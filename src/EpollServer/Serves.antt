-- ===== src/EpollServer/Serves.antt =====
-- The epoll server as `CRecvDataProc` sees it.
use mathlib.Core.Option.{none-ne-some, some-injective}
use cmdtran.Common.{
  ℕ, ◌≡◌, ◌≢◌, refl, sym, ap, ◌∙◌, Bool, true, false, not, ◌&&◌, ◌||◌, inl, inr, Option, none, some,
  List, [], ◌∷◌, length, Bool-cases, Option-cases, leb, ltb, ◌==◌,
}
use cmdtran.Common.Int.{pos, exceeds_ℕ, below_ℕ}
use cmdtran.Common.Map.{find, update, find-update_self, find-update_ne}
use cmdtran.MemPool.{MemPool, get_block}
use cmdtran.MemChain.{MemChain, push}
use cmdtran.MasterWorkPool.{MasterWorkPool}
use cmdtran.MasterWorkPool
use cmdtran.RecvDataProc.Flow.{IsValid}
use cmdtran.EpollServer.{
  EpollServer, SocketInformation, add_send_task, signal, pushed, queue_block, fill_block, send_data,
  modify_read, enable_read, disable_read, mem_pool_block_size, send_state_allow,
}
use cmdtran.EpollServer.Interface.{Kernel}
use cmdtran.EpollServer.Read.{same_flag, modify_read-switched, modify_read-same}
use cmdtran.RecvDataProc.Server.{Reading}
use cmdtran.RecvDataProc.Server
use cmdtran.RecvDataProc.{RecvDataProc, ClientInfo}

abbrev pub flag_of : Option SocketInformation → Option Bool
flag_of none = none
flag_of (some s) = some s.enable_read

pub update-flag :
    (k j : ℕ) (f : SocketInformation → SocketInformation) (m : List (ℕ × SocketInformation))
    → ((s : SocketInformation) → (f s).enable_read ≡ s.enable_read)
    → flag_of (find j (update k f m)) ≡ flag_of (find j m)
unfolding find update
update-flag k j f [] h = refl
update-flag k j f ((i, s) ∷ m) h = elim (Bool-cases (i == k)) [
  | inl e ↦ elim (Bool-cases (i == j)) [
    | inl e' ↦ rw (e, e') (ap some (h s))
    | inr e' ↦ rw (e, e') refl
  ]
  | inr e ↦ elim (Bool-cases (i == j)) [
    | inl e' ↦ rw (e, e') refl
    | inr e' ↦ rw (e, e') (update-flag k j f m h)
  ]
]

module _ {K : Type 0} where
  abbrev pub flag : ℕ → EpollServer K → Option Bool
  flag k e = flag_of (find k e.socket_info)

  -- The server behind a call that returns; a call that faults ends the program, and what it has then
  -- does not matter.
  abbrev pub behind : EpollServer K → Option (Bool × EpollServer K) → EpollServer K
  behind e none = e
  behind e (some (done, e')) = e'

  -- A call that changes no flag.
  abbrev Keeps : EpollServer K → Option (Bool × EpollServer K) → Type 0
  Keeps e none = Unit
  Keeps e (some (done, e')) = (j : ℕ) → flag j e' ≡ flag j e

  behind-flag :
      (e : EpollServer K) (out : Option (Bool × EpollServer K)) (j : ℕ)
      → Keeps e out
      → flag j (behind e out) ≡ flag j e
  behind-flag e none j k = refl
  behind-flag e (some (done, e')) j k = k j

  signal-Keeps :
      (sock state : ℕ) (e e₁ : EpollServer K)
      → ((j : ℕ) → flag j e₁ ≡ flag j e)
      → Keeps e (signal sock state e₁)
  unfolding signal add_send_task
  signal-Keeps sock state e e₁ k = elim (Bool-cases (state == send_state_allow)) [
    | inr waits ↦ rw waits k
    | inl allows ↦ elim (Option-cases (MasterWorkPool.add_task sock sock e₁.send_thread_manager)) [
      | inl faults ↦ rw (allows, faults) tt
      | inr (tm, added) ↦ rw (allows, added) k
    ]
  ]

  pushed-Keeps :
      (sock state : ℕ) (out : Option (Bool × MemChain)) (e e₁ : EpollServer K)
      → ((j : ℕ) → flag j e₁ ≡ flag j e)
      → Keeps e (pushed sock state out e₁)
  unfolding pushed
  pushed-Keeps sock state none e e₁ k = tt
  pushed-Keeps sock state (some (done, chain)) e e₁ k =
      signal-Keeps sock state e _ (λ j. update-flag sock j _ e₁.socket_info (λ s. refl) ∙ k j)

  fill_block-Keeps :
      (sock len : ℕ) (bytes : List ℕ) (back : Bool) (got : Option ℕ × MemPool) (e : EpollServer K)
      → Keeps e (fill_block sock bytes len back got e)
  unfolding fill_block queue_block
  fill_block-Keeps sock len bytes back (none, pool) e = λ j. refl
  fill_block-Keeps sock len bytes back (some block, pool) e =
      elim (Option-cases (find sock e.socket_info)) [
        | inl out ↦ rw (out) (λ j. refl)
        | inr (s, there) ↦ rw (there) (
            pushed-Keeps sock s.curr_send_state (push (some block) len back s.output_chain) e _
              (λ j. refl))
      ]

  send_data-Keeps :
      (sock len : ℕ) (bytes : List ℕ) (back : Bool) (e : EpollServer K)
      → Keeps e (send_data sock (some bytes) (pos len) back e)
  unfolding send_data
  send_data-Keeps sock len bytes back e =
      elim (Bool-cases (leb len 0 || ltb mem_pool_block_size len)) [
        | inl refused ↦ rw refused (λ j. refl)
        | inr fits ↦ rw fits (fill_block-Keeps sock len bytes back (get_block e.send_data_mem) e)
      ]

module _ (kernel : Kernel) where
  open kernel use {State}

  flag-there :
      (sock : ℕ) (e : EpollServer State) (b : Bool)
      → flag sock e ≡ some b
      → (s : SocketInformation) × (find sock e.socket_info ≡ some s)
  flag-there sock e b known = elim (Option-cases (find sock e.socket_info)) [
    | inl out ↦ absurd (none-ne-some b (sym (ap flag_of out) ∙ known))
    | inr there ↦ there
  ]

  modify_read-flag :
      (sock : ℕ) (enable : Bool) (e : EpollServer State) (b : Bool)
      → flag sock e ≡ some b
      → flag sock (modify_read kernel sock enable e).1 ≡ some enable
  modify_read-flag sock enable e b known =
      let (s, there) = flag-there sock e b known in
      elim (Bool-cases ((enable && s.enable_read) || (not enable && not s.enable_read))) [
        | inl same ↦
            ap (λ (r : Bool × EpollServer State). flag sock r.1)
              (modify_read-same kernel sock enable e s there same)
            ∙ ap flag_of there
            ∙ ap some (sym (same_flag enable s.enable_read same))
        | inr other ↦
            ap (λ (r : Bool × EpollServer State). flag sock r.1)
              (modify_read-switched kernel sock enable e s there other)
            ∙ ap flag_of (find-update_self sock _ e.socket_info s there)
      ]

  modify_read-flag_ne :
      (sock j : ℕ) (enable : Bool) (e : EpollServer State)
      → sock ≢ j
      → flag j (modify_read kernel sock enable e).1 ≡ flag j e
  unfolding modify_read
  modify_read-flag_ne sock j enable e h = elim (Option-cases (find sock e.socket_info)) [
    | inl out ↦ rw (out, modify_read) refl
    | inr (s, there) ↦
        elim (Bool-cases ((enable && s.enable_read) || (not enable && not s.enable_read))) [
          | inl same ↦ rw (there, modify_read, same) refl
          | inr other ↦
              rw (there, modify_read, other) (ap flag_of (find-update_ne sock j _ e.socket_info h))
        ]
  ]

  -- The calls of `CRecvDataProcIntf`, and the system call `close`, which the kernel sees alone.
  abbrev pub serves : (ℕ → State → State) → Server.EpollServer
  serves close = record {
    State = EpollServer State;
    send_data = λ k bytes back e. behind e (send_data k (some bytes) (pos (length bytes)) back e);
    enable_read = λ k e. (enable_read kernel k e).1;
    disable_read = λ k e. (disable_read kernel k e).1;
    close = λ k e. record e { kernel = close k e.kernel };
  }

  pub serves-Reading : (close : ℕ → State → State) → Reading (serves close)
  unfolding enable_read disable_read
  serves-Reading close = record {
    flag = flag;
    flag-enable = λ k e b known. modify_read-flag k true e b known;
    flag-disable = λ k e b known. modify_read-flag k false e b known;
    flag-enable_ne = λ k j e h. modify_read-flag_ne k j true e h;
    flag-disable_ne = λ k j e h. modify_read-flag_ne k j false e h;
    flag-send =
        λ k j bytes back e. behind-flag e _ j (send_data-Keeps k (length bytes) bytes back e);
    flag-close_ne = λ k j e h. refl;
  }

  pub serves-flag :
      (close : ℕ → State → State) (k : ℕ) (e : EpollServer State)
      → (serves-Reading close).flag k e ≡ flag k e
  unfolding serves-Reading
  serves-flag close k e = refl

  -- In a valid server on top of the epoll server the socket of a client is known, and its flag
  -- follows the count of the client.
  pub client_flow :
      (close : ℕ → State → State) (p : RecvDataProc (EpollServer State)) (sock : ℕ) (c : ClientInfo)
      → IsValid (serves close) (serves-Reading close) p
      → find sock p.client_map ≡ some c
      → (s : SocketInformation) × (find sock p.server.socket_info ≡ some s)
        × (exceeds_ℕ c.frame_count p.flow_control_high ≡ true → s.enable_read ≡ false)
        × (below_ℕ c.frame_count p.flow_control_low ≡ true → s.enable_read ≡ true)
  unfolding serves-Reading
  client_flow close p sock c v at_sock =
      let flows = v.flowing sock c at_sock in
      let (s, there) = flag-there sock p.server c.enable_read flows.agrees in
      let same : s.enable_read ≡ c.enable_read =
        some-injective s.enable_read c.enable_read (sym (ap flag_of there) ∙ flows.agrees) in
      (s, there, (λ high. same ∙ flows.full high), (λ low. same ∙ flows.drained low))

▬▬▬

- [HOW TO COMPLETE THIS TASK] The lines to retype, exactly and only, run from the first line of the material through the line with "flag k e = flag_of (find k e.socket_info)".

- [ANSWER TO THE PROBLEM]
filename src/EpollServer/Serves.antt
-- ===== src/EpollServer/Serves.antt =====
-- The epoll server as `CRecvDataProc` sees it.
use mathlib.Core.Option.{none-ne-some, some-injective}
use cmdtran.Common.{
  ℕ, ◌≡◌, ◌≢◌, refl, sym, ap, ◌∙◌, Bool, true, false, not, ◌&&◌, ◌||◌, inl, inr, Option, none, some,
  List, [], ◌∷◌, length, Bool-cases, Option-cases, leb, ltb, ◌==◌,
}
use cmdtran.Common.Int.{pos, exceeds_ℕ, below_ℕ}
use cmdtran.Common.Map.{find, update, find-update_self, find-update_ne}
use cmdtran.MemPool.{MemPool, get_block}
use cmdtran.MemChain.{MemChain, push}
use cmdtran.MasterWorkPool.{MasterWorkPool}
use cmdtran.MasterWorkPool
use cmdtran.RecvDataProc.Flow.{IsValid}
use cmdtran.EpollServer.{
  EpollServer, SocketInformation, add_send_task, signal, pushed, queue_block, fill_block, send_data,
  modify_read, enable_read, disable_read, mem_pool_block_size, send_state_allow,
}
use cmdtran.EpollServer.Interface.{Kernel}
use cmdtran.EpollServer.Read.{same_flag, modify_read-switched, modify_read-same}
use cmdtran.RecvDataProc.Server.{Reading}
use cmdtran.RecvDataProc.Server
use cmdtran.RecvDataProc.{RecvDataProc, ClientInfo}

abbrev pub flag_of : Option SocketInformation → Option Bool
flag_of none = none
flag_of (some s) = some s.enable_read

pub update-flag :
    (k j : ℕ) (f : SocketInformation → SocketInformation) (m : List (ℕ × SocketInformation))
    → ((s : SocketInformation) → (f s).enable_read ≡ s.enable_read)
    → flag_of (find j (update k f m)) ≡ flag_of (find j m)
unfolding find update
update-flag k j f [] h = refl
update-flag k j f ((i, s) ∷ m) h = elim (Bool-cases (i == k)) [
  | inl e ↦ elim (Bool-cases (i == j)) [
    | inl e' ↦ rw (e, e') (ap some (h s))
    | inr e' ↦ rw (e, e') refl
  ]
  | inr e ↦ elim (Bool-cases (i == j)) [
    | inl e' ↦ rw (e, e') refl
    | inr e' ↦ rw (e, e') (update-flag k j f m h)
  ]
]

module _ {K : Type 0} where
  abbrev pub flag : ℕ → EpollServer K → Option Bool
  flag k e = flag_of (find k e.socket_info)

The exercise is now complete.